-- ===== src/Store/Variants/Writes.antt =====
-- What the statements on the table traffic_variant do, on every branch.
use model_registry_service.Base.{
  ◌≡◌, refl, sym, ◌∙◌, subst, Bool, true, false, not, some, List, [], ◌∷◌, ◌++◌, ltb, keep, ◌==◌,
}
use model_registry_service.Domain.Traffic.{Uuid, Time, TrafficVariant}
use model_registry_service.Store.World.{Oracle, World, M, gets, ◌>>=◌, reach_database, time_now}
use model_registry_service.Store.Silent.{Silent-reach_database, Silent-time_now}
use model_registry_service.Store.Hoare.{
  Post, Hoare, Hoare-bind, IsStable, Hoare-silent, Hoare-raise_if, Hoare-raise_if_last, Hoare-fact,
  Hoare-or_raise, Hoare-wrapping, Hoare-weaken,
}
use model_registry_service.Store.Variants.{
  row_by_id, has_id, clashes, lacks_text, check_row, update_rows, variant_create, variant_update,
  variant_delete,
}

-- The table holds these rows.
abbrev pub VariantsAre : List TrafficVariant → World → Type 0
VariantsAre rows w = w.variants ≡ rows

pub VariantsAre-stable : (rows : List TrafficVariant) → IsStable (VariantsAre rows)
VariantsAre-stable rows = record { at = λ s p. s.variants ∙ p }

-- The row has met the constraints.
pub record Fits (E : Oracle) (config_id : Uuid) (v : TrafficVariant) (rows : List TrafficVariant)
    : Type 0 where
  pub texts : lacks_text v ≡ false
  pub weight : ltb 100 v.weight ≡ false
  pub name : clashes v.id config_id v.variant_name rows ≡ false

-- An UPDATE has rewritten the row of `v`.
pub record Updated (E : Oracle) (v : TrafficVariant) (rows : List TrafficVariant) (w : World)
    : Type 0 where
  pub row : TrafficVariant
  pub now : Time
  pub found : row_by_id v.id rows ≡ some row
  pub fits : Fits E row.traffic_config_id v rows
  pub table : w.variants ≡ update_rows now v rows

-- An INSERT has added the row `v`.
pub record Created (E : Oracle) (v : TrafficVariant) (rows : List TrafficVariant) (w : World)
    : Type 0 where
  pub fresh : has_id v.id rows ≡ false
  pub fits : Fits E v.traffic_config_id v rows
  pub table : w.variants ≡ rows ++ v ∷ []

-- A DELETE has removed the row.
pub record Deleted (id : Uuid) (rows : List TrafficVariant) (w : World) : Type 0 where
  pub found : has_id id rows ≡ true
  pub table : w.variants ≡ keep (λ r. not (r.id == id)) rows

pub not-eq-false : (b : Bool) → not b ≡ false → b ≡ true
not-eq-false true h = refl
not-eq-false false h = cc

module _ {B : Type 0} {R : B → World → Type 0} {F : World → Type 0}
    {rows : List TrafficVariant} where
  -- A query that reads the table reads these rows.
  pub Hoare-rows :
      (f : List TrafficVariant → M B)
      → Hoare (VariantsAre rows) (f rows) R F
      → Hoare (VariantsAre rows) (gets (λ w. w.variants) >>= f) R F
  unfolding ◌>>=◌
  Hoare-rows f h = record {
    at = λ w p. subst (λ (t : List TrafficVariant). Post R F (f t w)) (sym p) (h.at w p);
  }

module _ (E : Oracle) (rows : List TrafficVariant) where
  abbrev Same : World → Type 0
  Same = VariantsAre rows

  reach : Hoare Same (reach_database E) (λ _. Same) Same
  reach = Hoare-silent (VariantsAre-stable rows) (λ w p. p) (Silent-reach_database E)

  silent_now : Hoare Same (time_now E) (λ _. Same) Same
  silent_now = Hoare-silent (VariantsAre-stable rows) (λ w p. p) (Silent-time_now E)

  check_row_lem :
      (config_id : Uuid) (v : TrafficVariant)
      → Hoare Same (check_row E config_id v rows) (λ _ w. Same w × Fits E config_id v rows) Same
  check_row_lem config_id v =
      Hoare-raise_if (λ w p. p) (lacks_text v) _
        λ texts.
          Hoare-raise_if (λ w p. p) (ltb 100 v.weight) _
            λ weight.
              Hoare-weaken (λ w p. p)
                (λ _ w p. (p.0, record { texts = texts; weight = weight; name = p.1 })) (λ w p. p)
                (Hoare-raise_if_last (λ w p. p) (clashes v.id config_id v.variant_name rows) _)

  pub variant_update_lem :
      (v : TrafficVariant) → Hoare Same (variant_update E v) (λ _. Updated E v rows) Same
  unfolding variant_update
  variant_update_lem v = Hoare-bind (Hoare-wrapping _ reach) λ _. Hoare-rows _ (
      Hoare-or_raise (λ w p. p) _ (row_by_id v.id rows)
        λ row found. Hoare-bind (Hoare-wrapping _ (check_row_lem row.traffic_config_id v)) λ _.
          Hoare-fact λ fits. Hoare-bind silent_now λ now. record {
            at = λ w p. record { row = row; now = now; found = found; fits = fits; table = refl };
          })

  pub variant_create_lem :
      (v : TrafficVariant) → Hoare Same (variant_create E v) (λ _. Created E v rows) Same
  unfolding variant_create
  variant_create_lem v = Hoare-wrapping _ (
      Hoare-bind reach λ _. Hoare-rows _ (
        Hoare-raise_if (λ w p. p) (has_id v.id rows) _
          λ fresh. Hoare-bind (check_row_lem v.traffic_config_id v) λ _.
            Hoare-fact
              λ fits. record { at = λ w p. record { fresh = fresh; fits = fits; table = refl } }))

  pub variant_delete_lem :
      (id : Uuid) → Hoare Same (variant_delete E id) (λ _. Deleted id rows) Same
  unfolding variant_delete
  variant_delete_lem id = Hoare-bind (Hoare-wrapping _ reach) λ _. Hoare-rows _ (
      Hoare-raise_if (λ w p. p) (not (has_id id rows)) _
        λ found. record { at = λ w p. record { found = not-eq-false _ found; table = refl } })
——————
TO DO:
Output the listing exactly. Leave no line out.

YOUR SOLUTION:
-- ===== src/Store/Variants/Writes.antt =====
-- What the statements on the table traffic_variant do, on every branch.
use model_registry_service.Base.{
  ◌≡◌, refl, sym, ◌∙◌, subst, Bool, true, false, not, some, List, [], ◌∷◌, ◌++◌, ltb, keep, ◌==◌,
}
use model_registry_service.Domain.Traffic.{Uuid, Time, TrafficVariant}
use model_registry_service.Store.World.{Oracle, World, M, gets, ◌>>=◌, reach_database, time_now}
use model_registry_service.Store.Silent.{Silent-reach_database, Silent-time_now}
use model_registry_service.Store.Hoare.{
  Post, Hoare, Hoare-bind, IsStable, Hoare-silent, Hoare-raise_if, Hoare-raise_if_last, Hoare-fact,
  Hoare-or_raise, Hoare-wrapping, Hoare-weaken,
}
use model_registry_service.Store.Variants.{
  row_by_id, has_id, clashes, lacks_text, check_row, update_rows, variant_create, variant_update,
  variant_delete,
}

-- The table holds these rows.
abbrev pub VariantsAre : List TrafficVariant → World → Type 0
VariantsAre rows w = w.variants ≡ rows

pub VariantsAre-stable : (rows : List TrafficVariant) → IsStable (VariantsAre rows)
VariantsAre-stable rows = record { at = λ s p. s.variants ∙ p }

-- The row has met the constraints.
pub record Fits (E : Oracle) (config_id : Uuid) (v : TrafficVariant) (rows : List TrafficVariant)
    : Type 0 where
  pub texts : lacks_text v ≡ false
  pub weight : ltb 100 v.weight ≡ false
  pub name : clashes v.id config_id v.variant_name rows ≡ false

-- An UPDATE has rewritten the row of `v`.
pub record Updated (E : Oracle) (v : TrafficVariant) (rows : List TrafficVariant) (w : World)
    : Type 0 where
  pub row : TrafficVariant
  pub now : Time
  pub found : row_by_id v.id rows ≡ some row
  pub fits : Fits E row.traffic_config_id v rows
  pub table : w.variants ≡ update_rows now v rows

-- An INSERT has added the row `v`.
pub record Created (E : Oracle) (v : TrafficVariant) (rows : List TrafficVariant) (w : World)
    : Type 0 where
  pub fresh : has_id v.id rows ≡ false
  pub fits : Fits E v.traffic_config_id v rows
  pub table : w.variants ≡ rows ++ v ∷ []

-- A DELETE has removed the row.
pub record Deleted (id : Uuid) (rows : List TrafficVariant) (w : World) : Type 0 where
  pub found : has_id id rows ≡ true
  pub table : w.variants ≡ keep (λ r. not (r.id == id)) rows

pub not-eq-false : (b : Bool) → not b ≡ false → b ≡ true
not-eq-false true h = refl
not-eq-false false h = cc

module _ {B : Type 0} {R : B → World → Type 0} {F : World → Type 0}
    {rows : List TrafficVariant} where
  -- A query that reads the table reads these rows.
  pub Hoare-rows :
      (f : List TrafficVariant → M B)
      → Hoare (VariantsAre rows) (f rows) R F
      → Hoare (VariantsAre rows) (gets (λ w. w.variants) >>= f) R F
  unfolding ◌>>=◌
  Hoare-rows f h = record {
    at = λ w p. subst (λ (t : List TrafficVariant). Post R F (f t w)) (sym p) (h.at w p);
  }

module _ (E : Oracle) (rows : List TrafficVariant) where
  abbrev Same : World → Type 0
  Same = VariantsAre rows

  reach : Hoare Same (reach_database E) (λ _. Same) Same
  reach = Hoare-silent (VariantsAre-stable rows) (λ w p. p) (Silent-reach_database E)

  silent_now : Hoare Same (time_now E) (λ _. Same) Same
  silent_now = Hoare-silent (VariantsAre-stable rows) (λ w p. p) (Silent-time_now E)

  check_row_lem :
      (config_id : Uuid) (v : TrafficVariant)
      → Hoare Same (check_row E config_id v rows) (λ _ w. Same w × Fits E config_id v rows) Same
  check_row_lem config_id v =
      Hoare-raise_if (λ w p. p) (lacks_text v) _
        λ texts.
          Hoare-raise_if (λ w p. p) (ltb 100 v.weight) _
            λ weight.
              Hoare-weaken (λ w p. p)
                (λ _ w p. (p.0, record { texts = texts; weight = weight; name = p.1 })) (λ w p. p)
                (Hoare-raise_if_last (λ w p. p) (clashes v.id config_id v.variant_name rows) _)

  pub variant_update_lem :
      (v : TrafficVariant) → Hoare Same (variant_update E v) (λ _. Updated E v rows) Same
  unfolding variant_update
  variant_update_lem v = Hoare-bind (Hoare-wrapping _ reach) λ _. Hoare-rows _ (
      Hoare-or_raise (λ w p. p) _ (row_by_id v.id rows)
        λ row found. Hoare-bind (Hoare-wrapping _ (check_row_lem row.traffic_config_id v)) λ _.
          Hoare-fact λ fits. Hoare-bind silent_now λ now. record {
            at = λ w p. record { row = row; now = now; found = found; fits = fits; table = refl };
          })

  pub variant_create_lem :
      (v : TrafficVariant) → Hoare Same (variant_create E v) (λ _. Created E v rows) Same
  unfolding variant_create
  variant_create_lem v = Hoare-wrapping _ (
      Hoare-bind reach λ _. Hoare-rows _ (
        Hoare-raise_if (λ w p. p) (has_id v.id rows) _
          λ fresh. Hoare-bind (check_row_lem v.traffic_config_id v) λ _.
            Hoare-fact
              λ fits. record { at = λ w p. record { fresh = fresh; fits = fits; table = refl } }))

  pub variant_delete_lem :
      (id : Uuid) → Hoare Same (variant_delete E id) (λ _. Deleted id rows) Same
  unfolding variant_delete
  variant_delete_lem id = Hoare-bind (Hoare-wrapping _ reach) λ _. Hoare-rows _ (
      Hoare-raise_if (λ w p. p) (not (has_id id rows)) _
        λ found. record { at = λ w p. record { found = not-eq-false _ found; table = refl } })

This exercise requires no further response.